Sorotan terhadap kinerja BP Migas adalah buntut kenaikan harga BBM. Indonesia yang notabene penghasil migas justru terpuruk dengan kenaikan harga minyak dunia.
BP Migas Siap Beri Keterangan
Desakan transparansi di sektor migas langsung direspons BP Migas. Kepala BP Migas R. Priyono mengatakan, pihaknya siap memberikan penjelasan kepada semua pihak termasuk KPK. “Kami belum tahu detail pertanyaannya, tapi pasti nanti kami jelaskan,” ujarnya.Menurut Priyono, industri migas memang memiliki karakter berbeda dengan sektor industri lain. Karena itu, perbedaan-perbedaan persepsi bisa memancing timbulnya ketidakjelasan, termasuk dalam hal mekanisme pengawasan dan kuangan.Meski demikian, Priyono mengakui, pengawasan terhadap cost recovery memang tidak mudah. Sebab, dalam aturan production sharing contract (PSC) lama, detail biaya apa saja yang bisa dimasukkan dalam mekanisme cost recovery tidak diatur secara jelas.
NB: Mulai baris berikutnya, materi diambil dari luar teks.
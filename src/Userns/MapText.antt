-- ===== src/Userns/MapText.antt =====
-- src/cext/os/userns.c: decimal numbers as snprintf prints them, and how a map is read.
use truenas_pyos.Prelude.{
  ℕ, zero, suc, ◌+◌, ◌*◌, ◌/◌, ◌%◌, ◌^◌, ◌≤◌, ◌<◌, ◌≡◌, ap, ◌∙◌, inl, inr, Option, none, some, List,
  [], ◌∷◌, ◌++◌, length, ltb, ◌==◌, if◌then◌else◌, arith, Bool-cases, length-append, ltb→lt,
  leb_of_le,
}
use mathlib.Core.List.{append_assoc}
use truenas_pyos.Filter.Path.{read_digits}
use truenas_pyos.Userns.Maps.{MapEntry, decimal, digits_from}

-- 10 ^ n, by recursion.
abbrev ten_to : ℕ → ℕ
ten_to zero = 1
ten_to (suc n) = 10 * ten_to n

read_digits-digit :
    (acc d : ℕ) (rest : List ℕ)
    → d < 10
    → read_digits acc ((b'0' + d) ∷ rest) ≡ read_digits (acc * 10 + d) rest
unfolding read_digits
read_digits-digit acc d rest h =
    rw (leb_of_le b'0' (b'0' + d) (omega arith), leb_of_le (b'0' + d) b'9' (omega arith))
      (ap (λ a. read_digits a rest) (omega arith))

pub length-digits_from : (fuel n : ℕ) → length (digits_from fuel n) ≤ fuel
unfolding digits_from
length-digits_from zero n = omega arith
length-digits_from (suc fuel) n = elim (Bool-cases (ltb n 10)) [
  | inl b ↦ rw b (omega arith)
  | inr b ↦
      let front = length-digits_from fuel (n / 10) in
      let l = length-append (digits_from fuel (n / 10)) ((b'0' + n % 10) ∷ []) in rw b (omega arith)
]

read_digits-digits_from :
    (fuel n : ℕ) (rest : List ℕ)
    → n < ten_to fuel
    → read_digits 0 (digits_from fuel n ++ rest) ≡ read_digits n rest
unfolding digits_from
read_digits-digits_from zero n rest h = ap (λ a. read_digits a rest) (omega arith)
read_digits-digits_from (suc fuel) n rest h = elim (Bool-cases (ltb n 10)) [
  | inl b ↦
      let small = ltb→lt n 10 b in
      rw b (
        read_digits-digit 0 (n % 10) rest (omega arith)
        ∙ ap (λ a. read_digits a rest) (omega arith))
  | inr b ↦
      rw (b, append_assoc (digits_from fuel (n / 10)) ((b'0' + n % 10) ∷ []) rest)
        (read_digits-digits_from fuel (n / 10) ((b'0' + n % 10) ∷ rest) (omega arith)
          ∙ read_digits-digit (n / 10) (n % 10) rest (omega arith)
          ∙ ap (λ a. read_digits a rest) (omega arith))
]

-- What comes behind a byte.
abbrev pub behind : ℕ → List ℕ → Option (List ℕ)
behind c [] = none
behind c (d ∷ s) = if c == d then some s else none

abbrev pub with_number : ℕ → Option (List ℕ) → Option (ℕ × List ℕ)
with_number n none = none
with_number n (some later) = some (n, later)

abbrev pub number_then : ℕ → ℕ × List ℕ → Option (ℕ × List ℕ)
number_then c (n, rest) = with_number n (behind c rest)

-- A number up to the byte `c`, and what is behind.
unfoldable pub read_number : ℕ → List ℕ → Option (ℕ × List ℕ)
read_number c s = number_then c (read_digits 0 s)

-- A line of a map as the manual page user_namespaces(7) describes it: three numbers.
unfoldable pub read_line : List ℕ → Option (MapEntry × List ℕ)
read_line s = elim (read_number b' ' s) [
  | none ↦ none
  | some (i, s1) ↦ elim (read_number b' ' s1) [
    | none ↦ none
    | some (o, s2) ↦ elim (read_number b'\n' s2) [
      | none ↦ none
      | some (l, s3) ↦ some (record { inside = i; outside = o; map_length = l }, s3)
    ]
  ]
]

unfoldable pub read_map : ℕ → List ℕ → List MapEntry
read_map zero s = []
read_map (suc n) s = elim (read_line s) [ none ↦ [] | some (e, rest) ↦ e ∷ read_map n rest ]

pub read_number-space :
    (n : ℕ) (rest : List ℕ)
    → n < 2 ^ 32
    → read_number b' ' (decimal n ++ (b' ' ∷ rest)) ≡ some (n, rest)
unfolding read_number read_digits
read_number-space n rest h =
    ap (number_then b' ') (read_digits-digits_from 10 n (b' ' ∷ rest) (omega arith))

pub read_number-newline :
    (n : ℕ) (rest : List ℕ)
    → n < 2 ^ 32
    → read_number b'\n' (decimal n ++ (b'\n' ∷ rest)) ≡ some (n, rest)
unfolding read_number read_digits
read_number-newline n rest h =
    ap (number_then b'\n') (read_digits-digits_from 10 n (b'\n' ∷ rest) (omega arith))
Hal itu menciptakan daerah abu-abu atau grey area. “Untuk kontrak saat ini, semua diperjelas,” katanya.Untuk itu, aturan mekanisme cost recovery yang ada dalam exhibit-C lembar PSC, sudah disempurnakan. Penyempurnaan tersebut melibatkan BPMigas, Ditjen Migas Departemen ESDM, serta BPK. “Kami sudah membentuk tim task force khusus untuk hal ini,” terangnya.Akhir pekan lalu Dirjen Migas Luluk Sumiarso mengatakan, BP Migas dan Menteri ESDM sudah mengeluarkan surat No 1431 tanggal 29 Februari 2008. Isinya menyatakan 17 item terkait cost recovery yang harus ditindaklanjuti. “Penghapusan 17 daftar itu tidak mengubah kontrak, tetapi mengatur grey area, sehingga bisa menjadi pedoman BP Migas dalam memberikan perizinan,” ujarnya.Dengan daftar negatif tersebut, KKKS tidak dapat membebankan 17 macam biaya itu ke dalam cost recovery.
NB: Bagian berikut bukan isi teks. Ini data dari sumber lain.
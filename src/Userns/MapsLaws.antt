-- ===== src/Userns/MapsLaws.antt =====
-- src/cext/os/userns.c: the text of a map fits its buffer, and reads as the entries.
use truenas_pyos.Prelude.{
  ℕ, ◌+◌, ◌-◌, ◌*◌, ◌%◌, ◌^◌, ◌≤◌, ◌<◌, ◌≡◌, refl, ap, sym, ◌∙◌, some, List, [], ◌∷◌, ◌++◌, map,
  length, arith, All, All-imp, length-append, lt→ltb, leb_of_lt,
}
use mathlib.Core.List.{append_assoc, append-nil}
use truenas_pyos.Py.{ok, as_unsigned_long}
use truenas_pyos.Userns.MapText.{
  length-digits_from, read_line, read_map, read_number-newline, read_number-space,
}
use truenas_pyos.Userns.Maps.{
  MapEntry, decimal, do_create_idmap_mapping, entry_item, entry_object, format_loop,
  format_map_text, items_of, map_line, max_per_entry, parse_map_item, parse_map_items,
  parse_map_list,
}

abbrev pub IsEntry : MapEntry → Type 0
IsEntry e = (e.inside < 2 ^ 32) × (e.outside < 2 ^ 32) × (e.map_length < 2 ^ 32)

map_line-append :
    (e : MapEntry) (rest : List ℕ)
    → map_line e ++ rest
      ≡ decimal e.inside
        ++ (b' ' ∷ (decimal e.outside ++ (b' ' ∷ (decimal e.map_length ++ (b'\n' ∷ rest)))))
unfolding map_line
map_line-append e rest =
    append_assoc (decimal e.inside) _ rest
    ∙ ap (λ t. decimal e.inside ++ (b' ' ∷ t))
        (append_assoc (decimal e.outside) _ rest
          ∙ ap (λ t. decimal e.outside ++ (b' ' ∷ t))
              (append_assoc (decimal e.map_length) (b'\n' ∷ []) rest))

read_line-map_line :
    (e : MapEntry) (rest : List ℕ) → IsEntry e → read_line (map_line e ++ rest) ≡ some (e, rest)
unfolding read_line
read_line-map_line e rest (i, o, l) =
    rw
      (
        map_line-append e rest,
        read_line,
        read_number-space e.inside _ i,
        read_number-space e.outside _ o,
        read_number-newline e.map_length rest l,
      )
      refl

-- The lines of the entries.
unfoldable pub map_text : List MapEntry → List ℕ
map_text [] = []
map_text (e ∷ entries) = map_line e ++ map_text entries

read_map-map_text :
    (entries : List MapEntry)
    → All IsEntry entries
    → read_map (length entries) (map_text entries) ≡ entries
unfolding read_map map_text
read_map-map_text [] h = refl
read_map-map_text (e ∷ entries) h =
    rw (read_map, read_line-map_line e (map_text entries) h.0)
      (ap (λ l. e ∷ l) (read_map-map_text entries h.1))

length-map_line : (e : MapEntry) → length (map_line e) ≤ 33
unfolding map_line
length-map_line e = omega (
  arith,
  length-digits_from 10 e.inside,
  length-digits_from 10 e.outside,
  length-digits_from 10 e.map_length,
  length-append (decimal e.map_length) (b'\n' ∷ []),
  length-append (decimal e.outside) (b' ' ∷ (decimal e.map_length ++ (b'\n' ∷ []))),
  length-append (decimal e.inside)
      (b' ' ∷ (decimal e.outside ++ (b' ' ∷ (decimal e.map_length ++ (b'\n' ∷ []))))),
)

length-map_text : (entries : List MapEntry) → length (map_text entries) ≤ 33 * length entries
unfolding map_text
length-map_text [] = omega arith
length-map_text (e ∷ entries) = omega (
  arith,
  length-map_line e,
  length-map_text entries,
  length-append (map_line e) (map_text entries),
)

format_loop-map_text :
    (entries : List MapEntry) (cap : ℕ) (buf : List ℕ)
    → length buf + length entries * max_per_entry < cap
    → format_loop cap buf entries ≡ ok (buf ++ map_text entries)
unfolding format_loop map_text
format_loop-map_text [] cap buf h = ap ok (sym (append-nil buf))
format_loop-map_text (e ∷ entries) cap buf h =
    let line = length-map_line e in
    let longer = length-append buf (map_line e) in
    rw
      (
        leb_of_lt (cap - length buf) (length (map_line e)) (omega arith),
        format_loop-map_text entries cap (buf ++ map_line e) (omega arith),
      )
      (ap ok (append_assoc buf (map_line e) (map_text entries)))

-- What create_idmap_mapping accepts.
abbrev pub IsCreated : MapEntry → Type 0
IsCreated e = do_create_idmap_mapping e.inside e.outside e.map_length ≡ ok (entry_object e)

IsCreated-IsEntry : (e : MapEntry) → IsCreated e → IsEntry e
unfolding do_create_idmap_mapping
IsCreated-IsEntry e h = ground arith

parse_map_item-IsEntry :
    (e : MapEntry) → IsEntry e → parse_map_item (entry_item (entry_object e)) ≡ ok e
unfolding parse_map_item as_unsigned_long
parse_map_item-IsEntry e (i, o, l) =
    let inside : e.inside % 2 ^ 32 ≡ e.inside = omega arith in
    let outside : e.outside % 2 ^ 32 ≡ e.outside = omega arith in
    let n : e.map_length % 2 ^ 32 ≡ e.map_length = omega arith in
    rw
      (
        lt→ltb e.inside (2 ^ 64) (omega arith),
        lt→ltb e.outside (2 ^ 64) (omega arith),
        lt→ltb e.map_length (2 ^ 64) (omega arith),
      )
      (rw (inside, outside, n) refl)

parse_map_items-IsEntry :
    (entries : List MapEntry)
    → All IsEntry entries
    → parse_map_items (map (λ e. entry_item (entry_object e)) entries) ≡ ok entries
unfolding parse_map_items
parse_map_items-IsEntry [] h = refl
parse_map_items-IsEntry (e ∷ entries) h =
    rw (parse_map_item-IsEntry e h.0, parse_map_items-IsEntry entries h.1) refl

-- Entries that create_idmap_mapping has made are parsed to the same numbers. Their text fits its
-- buffer, has 33 bytes at most for each entry, and read as lines of three numbers it gives the entries
-- again, in their order.
pub format_map_text-read_map :
    (entries : List MapEntry)
    → All IsCreated entries
    → (parse_map_list (items_of (map (λ e. entry_item (entry_object e)) entries)) ≡ ok entries)
      × (format_map_text entries ≡ ok (map_text entries))
      × (length (map_text entries) ≤ 33 * length entries)
      × (read_map (length entries) (map_text entries) ≡ entries)
unfolding parse_map_list format_map_text
format_map_text-read_map entries h =
    let valid = All-imp IsCreated IsEntry entries IsCreated-IsEntry h in
    (
      parse_map_items-IsEntry entries valid,
      format_loop-map_text entries (length entries * max_per_entry + 1) [] (omega arith),
      length-map_text entries,
      read_map-map_text entries valid,
    )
Dengan demikian, beban cost recovery yang harus ditanggung pemerintah menjadi berkurang, dan pengelolaan sektor migas makin efisien.Ke-17 daftar item yang dihapus dari cost recovery tersebut adalah personal income tax, rugi penjualan rumah dan mobil pribadi; Pemberian long term incentive plan; Penggunaan ekspatriat tanpa RPTKA dan IKTA; Biaya konsultan hukum yang tidak terkait; tax consultant fee; biaya pemasaran migas bagi KKKS yang timbul karena kesalahan yang disengaja; biaya public relation tanpa daftar penerima manfaat.Selanjutnya, biaya community development; dana site restoration; technical training untuk ekspatriat; biaya merger atau akuisisi; biaya bunga atas pinjaman; PPH pihak ketiga; pengadaan barang dan jasa lebih besar dari AFE (perhitungan ulang BP Migas); surplus material yang berlebihan; aset yang sudah PIS, tapi tidak berfungsi; dan transaksi dengan affiliates parties yang merugikan negara.